2

I have a simple_one_for_one supervisor which has gen_fsm children. I want each gen_fsm child to send a message only on the last time it terminates. Is there any way to know when is the last cycle?

here's my supervisor:

-module(data_sup).

-behaviour(supervisor).

%% API
-export([start_link/0,create_bot/3]).

%% Supervisor callbacks
-export([init/1]).

%%-compile(export_all).


%%%===================================================================
%%% API functions
%%%===================================================================

start_link() ->
  supervisor:start_link({local, ?MODULE}, ?MODULE, []).

init([]) ->
 RestartStrategy = {simple_one_for_one, 0, 1},
 ChildSpec = {cs_fsm, {cs_fsm, start_link, []},
 permanent, 2000, worker, [cs_fsm]},
 Children = [ChildSpec],
 {ok, {RestartStrategy, Children}}.

create_bot(BotId, CNPJ,Pid) ->
  supervisor:start_child(?MODULE, [BotId, CNPJ, Pid]).

the Pid is the Pid of the process which starts the superviser and gives orders to start the children.

-module(cs_fsm).

-behaviour(gen_fsm).
-compile(export_all).

-define(SERVER, ?MODULE).
-define(TIMEOUT, 5000).

-record(params, {botId, cnpj, executionId, pid}).

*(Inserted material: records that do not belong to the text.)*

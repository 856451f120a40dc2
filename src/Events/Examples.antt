-- ===== src/Events/Examples.antt =====
-- The outbox at work, and the theorems at concrete inputs.
use mathlib.Core.List.{Memᴰ}
use why_combinator.Prelude.{
  ◌+◌, ◌≤◌, ◌≡◌, refl, String, true, none, List, [], ◌∷◌, map, arith, length, if◌then◌else◌, ◌==◌,
  nat_has_eq, text_has_eq, count, any,
}
use why_combinator.Prelude.Sort.{sort}
use why_combinator.Platform.Sql.{in_order}
use why_combinator.Platform.Redis.{in_memory, set_nx}
use why_combinator.Db.Models.{Uuid}
use why_combinator.Db.Tables.{replace, IsKeyed, IsKeyed-nil, IsKeyed-cons}
use why_combinator.Events.Outbox.{
  OutboxEvent, outbox_key, NewEvent, enqueue_outbox_event, DedupKey, dedup_key_has_eq, DedupRedis,
  Bus, Call, answers, raises, OutboxRelayResult, publish_outbox_once, pending_events, relay_all,
  relay_outbox_events,
}
use why_combinator.Events.Outbox.Relay.{
  is_event, IsOnce, is_failure, relayed_row, relay-IsOnce, relay_delivers, relay_marks,
}
use why_combinator.Events.Outbox.Enqueue.{has_key, enqueue_once}

abbrev redis : DedupRedis
redis = in_memory DedupKey String dedup_key_has_eq

abbrev idle : Bus redis
idle = record { state = λ k. none; log = [] }

idle-IsOnce : IsOnce redis idle
idle-IsOnce i = refl

abbrev new : Uuid → String → NewEvent
new i k = record {
  id = i;
  created_at = i;
  stream_name = "run_events";
  event_type = "run_started";
  event_key = k;
  payload = "{}";
}

abbrev event : Uuid → String → OutboxEvent
event i k = record {
  id = i;
  stream_name = "run_events";
  event_type = "run_started";
  event_key = k;
  payload = "{}";
  created_at = i;
  published_at = none;
  publish_attempts = 0;
  last_error = none;
}

abbrev table : List OutboxEvent
table = event 2 "b" ∷ event 1 "a" ∷ []

-- The answer for event 1 is lost.
abbrev shaky : OutboxEvent → Call
shaky e = if e.id == 1 then raises true "timeout" else answers

abbrev relayed : OutboxRelayResult × Bus redis × List OutboxEvent
relayed = relay_outbox_events redis in_order 60 shaky 10 99 idle table

-- The next relay takes event 1 up again, and does not publish it twice.
abbrev relayed_again : OutboxRelayResult × Bus redis × List OutboxEvent
relayed_again = relay_outbox_events redis in_order 60 (λ e. answers) 10 100 relayed.1 relayed.2

deduplicated :
    (map outbox_key relayed_again.1.log ≡ 1 ∷ 2 ∷ [])
    × (relayed_again.0 ≡ record { processed = 1; published = 0; deduplicated = 1; failed = 0 })
unfolding relay_outbox_events relay_all publish_outbox_once pending_events set_nx sort replace
deduplicated = (refl, refl)

table-IsKeyed : IsKeyed outbox_key table
table-IsKeyed =
    let k = IsKeyed-nil outbox_key in
    let k = IsKeyed-cons outbox_key (event 1 "a") [] refl k in
    IsKeyed-cons outbox_key (event 2 "b") _ refl k

-- The second relay starts where both events have been published.
relay-IsOnce_example : IsOnce redis relayed_again.1
relay-IsOnce_example =
    relay-IsOnce redis in_order 60 (λ e. answers) 10 100 relayed.1 relayed.2
      (relay-IsOnce redis in_order 60 shaky 10 99 idle table idle-IsOnce)

in_batch : Memᴰ (event 1 "a") (pending_events in_order 10 table)
unfolding pending_events sort
in_batch = Memᴰ.head refl

relay_delivers_example : count (is_event 1) relayed.1.log ≡ 1
relay_delivers_example =
    relay_delivers redis in_order 60 shaky 10 99 idle table (event 1 "a") idle-IsOnce in_batch refl

relay_marks_example :
    let events = pending_events in_order 10 table in
    (relayed.2
      ≡ map
          (λ e. if any (λ x. x.id == e.id) events then relayed_row redis (shaky e) 99 e else e)
          table)
    × ((relayed.0).processed ≡ length events)
    × ((relayed.0).published + (relayed.0).deduplicated + (relayed.0).failed
        ≡ (relayed.0).processed)
    × ((relayed.0).failed ≡ count (λ e. is_failure redis (shaky e)) events)
relay_marks_example = relay_marks redis in_order 60 shaky 10 99 idle table table-IsKeyed

one_each : (k : String) → count (has_key k) (event 1 "a" ∷ []) ≤ 1
one_each k = ground arith

enqueue_once_example :
    let (e, t) = enqueue_outbox_event in_order (new 7 "b") (event 1 "a" ∷ []) in
    Memᴰ e t
    × (e.event_key ≡ "b")
    × ((k : String) → count (has_key k) t ≤ 1)
    × (enqueue_outbox_event in_order (new 8 "b") t ≡ (e, t))
enqueue_once_example =
    enqueue_once in_order (new 7 "b") (new 8 "b") (event 1 "a" ∷ []) one_each refl
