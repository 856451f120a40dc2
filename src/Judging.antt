-- ===== src/Judging.antt =====
-- app/judging, and the panel of judges that app/orchestrator/judge_bootstrap.py seeds
mod Examples
pub mod Versioning
pub mod Bootstrap
pub mod RunStart
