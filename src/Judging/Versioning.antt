-- ===== src/Judging/Versioning.antt =====
-- app/judging/versioning.py
pub mod Numbered
use why_combinator.Prelude.{
  ℕ, suc, String, Bool, true, false, ◌&&◌, List, [], ◌∷◌, ◌++◌, map, leb, ltb, if◌then◌else◌, ◌==◌,
  nat_has_eq, max_of,
}
use why_combinator.Prelude.Sort.{sort}
use why_combinator.Prelude.Orders.{lexicographic}
use why_combinator.Platform.Sql.{Engine}
use why_combinator.Db.Models.{Uuid, Instant}

pub record JudgeProfile : Type 0 where
  pub id : Uuid
  pub challenge_id : Uuid
  pub domain : String
  pub scoring_style : String
  pub profile_prompt : String
  pub head_judge : Bool
  pub source_type : String
  pub created_at : Instant

-- The dictionary of a profile.
pub record SerializedProfile : Type 0 where
  pub domain : String
  pub scoring_style : String
  pub profile_prompt : String
  pub head_judge : Bool
  pub source_type : String

pub record JudgeProfileVersion : Type 0 where
  pub challenge_id : Uuid
  pub version_number : ℕ
  pub is_active : Bool
  pub lock_version : ℕ
  pub profiles_payload : List SerializedProfile

unfoldable pub serialize_judge_profile : JudgeProfile → SerializedProfile
serialize_judge_profile p = record {
  domain = p.domain;
  scoring_style = p.scoring_style;
  profile_prompt = p.profile_prompt;
  head_judge = p.head_judge;
  source_type = p.source_type;
}

abbrev pub is_profile_of : Uuid → JudgeProfile → Bool
is_profile_of challenge_id p = p.challenge_id == challenge_id

abbrev pub is_version_of : Uuid → JudgeProfileVersion → Bool
is_version_of challenge_id v = v.challenge_id == challenge_id

-- `order_by(created_at.asc(), id.asc())`
abbrev pub older : JudgeProfile → JudgeProfile → Bool
older = lexicographic (λ a b. ltb a.created_at b.created_at) (λ a b. leb a.id b.id)

-- `func.max` of the version numbers, or 0 where there are none
unfoldable pub max_version : List JudgeProfileVersion → ℕ
max_version [] = 0
max_version (v ∷ vs) = max_of v.version_number (max_version vs)

abbrev pub deactivate : Uuid → JudgeProfileVersion → JudgeProfileVersion
deactivate challenge_id v =
    if is_version_of challenge_id v then record v { is_active = false } else v

-- The new row, and the table.
unfoldable pub create_judge_profile_version_snapshot :
    Engine
    → List JudgeProfile
    → List JudgeProfileVersion
    → Uuid
    → (activate : Bool) → JudgeProfileVersion × List JudgeProfileVersion
unfolding max_version serialize_judge_profile
create_judge_profile_version_snapshot db profiles versions challenge_id activate =
    let payload =
      map serialize_judge_profile
        (sort older (db.select JudgeProfile (is_profile_of challenge_id) profiles)) in
    let latest =
      max_version (db.select JudgeProfileVersion (is_version_of challenge_id) versions) in
    let kept = if activate then map (deactivate challenge_id) versions else versions in
    let row : JudgeProfileVersion = record {
      challenge_id = challenge_id;
      version_number = suc latest;
      is_active = activate;
      lock_version = 1;
      profiles_payload = payload;
    } in
    (row, kept ++ row ∷ [])
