-- `c` is about the mapped text. The property `P` and the relation `R` of the blocks are enough for
-- two of them to be compared.
pub record IsComparable (text : List ℕ) (last : ℕ) (array : List ℕ) (b : Block) : Type 0 where
  pub has_entry : b.aryidx < length array
  pub in_text : position array b < last
  pub is_cached : IsCached text last array b
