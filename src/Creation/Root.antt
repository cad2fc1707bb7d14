-- ===== src/Creation/Root.antt =====
-- The numbers of a new pool (programs/cp-swap/src/instructions/initialize.rs): when it opens, and its
-- first supply of lp tokens.
use mim_swap_sol.Prelude.{
  ℕ, Option, some, narrow-eq_some, ◌+◌, ◌*◌, ◌≤◌, ◌<◌, ◌≡◌, u64_max, u128_max, unwrap, checked_add,
  checked_mul, ok, sym, ap, ◌∙◌, arith, >>=-elim,
}
use mim_swap_sol.Errors.{Error, ErrorCode, code, Result}
use mim_swap_sol.Curve.Calculator.{validate_supply}
use mim_swap_sol.Creation.Accounts.{Program}
use mim_swap_sol.Creation.Handlers.{opening, initial_liquidity}

pub opening-later : (open_time now : ℕ) {opens : ℕ} → opening open_time now ≡ ok opens → now < opens
unfolding opening checked_add
opening-later open_time now {opens} h = ground arith

-- The documented behaviour of `integer_sqrt`.
abbrev pub IsSqrt : (ℕ → ℕ) → Type 0
IsSqrt root = (n : ℕ) → (root n * root n ≤ n) × (n < (root n + 1) * (root n + 1))

module _ (program : Program) (root : IsSqrt program.integer_sqrt) where
  pub initial_liquidity-root :
      (x y : ℕ) {liquidity : ℕ}
      → initial_liquidity program x y ≡ ok liquidity
      → (0 < x)
        × (0 < y)
        × (liquidity * liquidity ≤ x * y)
        × (x * y < (liquidity + 1) * (liquidity + 1))
  unfolding initial_liquidity validate_supply checked_mul
  initial_liquidity-root x y {liquidity} h =
      let below = (root (x * y)).0 in
      >>=-elim (validate_supply (code ErrorCode.empty_supply) x y) _ h λ _ e0 h0.
        >>=-elim (product_of x y) _ h0 λ product e1 h1.
          let is_product : x * y ≡ product = ground arith in
          let is_root : program.integer_sqrt (x * y) ≡ liquidity =
            ap (λ n. program.integer_sqrt n) is_product
            ∙ sym (narrow-eq_some u64_max (program.integer_sqrt product) (fits _ h1)).0 in
          (ground arith, ground arith, rw (← is_root) below, rw (← is_root) (root (x * y)).1)
    where
      fits : (o : Option ℕ) {n : ℕ} → unwrap {E = Error} o ≡ ok n → o ≡ some n
      fits o e = ground arith

      product_of : ℕ → ℕ → Result ℕ
      product_of a b = unwrap (checked_mul u128_max a b)
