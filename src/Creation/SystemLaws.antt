-- ===== src/Creation/SystemLaws.antt =====
-- What the system program's calls leave when a pool is created
-- (programs/cp-swap/src/instructions/initialize.rs, the fee for the pool).
use mim_swap_sol.Prelude.{
  ℕ, ◌≡◌, ◌≢◌, ◌==◌, Option, none, some, refl, ok_injective, Bool-cases, inl, inr, ok, ap, ◌∙◌,
  >>=-elim,
}
use mim_swap_sol.Errors.{Pubkey, call}
use mim_swap_sol.Token.Interface.{TokenProgram, TokenAccount}
use mim_swap_sol.States.Config.{AmmConfig}
use mim_swap_sol.Swap.Accounts.{Clock}
use mim_swap_sol.Swap.SettleLaws.{amount}
use mim_swap_sol.Creation.System.{SystemProgram}
use mim_swap_sol.Creation.Accounts.{Program, CreationAccounts}
use mim_swap_sol.Creation.Handlers.{charge_pool_fee}

pub call-some {ℓ} : {A : Type ℓ} (o : Option A) {a : A} → call o ≡ ok a → o ≡ some a
call-some none h = absurd (let no : ⊥ = cc in no)
call-some (some b) {a} h = ap some (ok_injective b a h)

-- What the system program's calls leave: they change no mint, a transfer of lamports changes no token
-- account, and `sync_native` only the account that it is for.
module _ (t : TokenProgram) (s : SystemProgram t) where
  pub record SystemLaws : Type 0 where
    pub transfer_accounts :
        (from to lamports : ℕ) (l : t.Ledger) (k : Pubkey) {l' : t.Ledger}
        → s.transfer from to lamports l ≡ some l'
        → t.account l' k ≡ t.account l k
    pub transfer_mints :
        (from to lamports : ℕ) (l : t.Ledger) (m : Pubkey) {l' : t.Ledger}
        → s.transfer from to lamports l ≡ some l'
        → t.mint l' m ≡ t.mint l m
    pub sync_others :
        (program account : Pubkey) (l : t.Ledger) (k : Pubkey) {l' : t.Ledger}
        → s.sync_native program account l ≡ some l'
        → k ≢ account
        → t.account l' k ≡ t.account l k
    pub sync_mints :
        (program account : Pubkey) (l : t.Ledger) (m : Pubkey) {l' : t.Ledger}
        → s.sync_native program account l ≡ some l'
        → t.mint l' m ≡ t.mint l m
    pub create_mints :
        (payer account lamports space program : ℕ) (l : t.Ledger) (m : Pubkey) {l' : t.Ledger}
        → s.create_account payer account lamports space program l ≡ some l'
        → t.mint l' m ≡ t.mint l m
    pub allocate_mints :
        (account space : ℕ) (l : t.Ledger) (m : Pubkey) {l' : t.Ledger}
        → s.allocate account space l ≡ some l'
        → t.mint l' m ≡ t.mint l m
    pub assign_mints :
        (account program : Pubkey) (l : t.Ledger) (m : Pubkey) {l' : t.Ledger}
        → s.assign account program l ≡ some l'
        → t.mint l' m ≡ t.mint l m
    pub initialize_mints :
        (program account mint owner : Pubkey) (l : t.Ledger) (m : Pubkey) {l' : t.Ledger}
        → s.initialize_account3 program account mint owner l ≡ some l'
        → t.mint l' m ≡ t.mint l m

  module _ (system : SystemLaws) (program : Program) (config : AmmConfig) (clock : Clock) where
    pub charge_pool_fee-others :
        (a : CreationAccounts) (l : t.Ledger) (k : Pubkey) {l' : t.Ledger}
        → charge_pool_fee t s program config clock a l ≡ ok l'
        → k ≢ a.create_pool_fee
        → amount t l' k ≡ amount t l k
    unfolding charge_pool_fee
    charge_pool_fee-others a l k {l'} h apart = elim (Bool-cases (config.create_pool_fee == 0)) [
      | inl free ↦ let same : l ≡ l' = ok_injective l l' (rw free at h) in rw same refl
      | inr charged ↦
          >>=-elim (call (s.transfer a.payer a.create_pool_fee config.create_pool_fee l)) _
            (rw charged at h)
            λ paid e0 h0.
              let moved =
                call-some (s.transfer a.payer a.create_pool_fee config.create_pool_fee l) e0 in
              let synced = call-some (s.sync_native a.token_program a.create_pool_fee paid) h0 in
              ap (λ (x : TokenAccount). x.amount)
                (system.sync_others a.token_program a.create_pool_fee paid k {l' = l'} synced apart
                  ∙ system.transfer_accounts a.payer a.create_pool_fee config.create_pool_fee l k
                      {l' = paid} moved)
    ]

    pub charge_pool_fee-mints :
        (a : CreationAccounts) (l : t.Ledger) (m : Pubkey) {l' : t.Ledger}
        → charge_pool_fee t s program config clock a l ≡ ok l'
        → t.mint l' m ≡ t.mint l m
    unfolding charge_pool_fee
    charge_pool_fee-mints a l m {l'} h = elim (Bool-cases (config.create_pool_fee == 0)) [
      | inl free ↦ let same : l ≡ l' = ok_injective l l' (rw free at h) in rw same refl
      | inr charged ↦
          >>=-elim (call (s.transfer a.payer a.create_pool_fee config.create_pool_fee l)) _
            (rw charged at h)
            λ paid e0 h0.
              let moved =
                call-some (s.transfer a.payer a.create_pool_fee config.create_pool_fee l) e0 in
              let synced = call-some (s.sync_native a.token_program a.create_pool_fee paid) h0 in
              system.sync_mints a.token_program a.create_pool_fee paid m {l' = l'} synced
              ∙ system.transfer_mints a.payer a.create_pool_fee config.create_pool_fee l m
                  {l' = paid} moved
    ]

%%%===================================================================
%%% API
%%%===================================================================

start_link(BotId, CNPJ, Pid) ->
  io:format("start_link...~n"),
  Params = #params{botId = BotId, cnpj = CNPJ, pid = Pid},
  gen_fsm:start_link(?MODULE, Params, []).


%%%===================================================================
%%% gen_fsm callbacks
%%%===================================================================

init(Params) ->
  io:format("initializing~n"),
  process_flag(trap_exit, true),
  {ok, requesting_execution, Params, 0}.

requesting_execution(timeout,Params) ->
  io:format("erqusting execution"),
  {next_state, finished, Params,?TIMEOUT}.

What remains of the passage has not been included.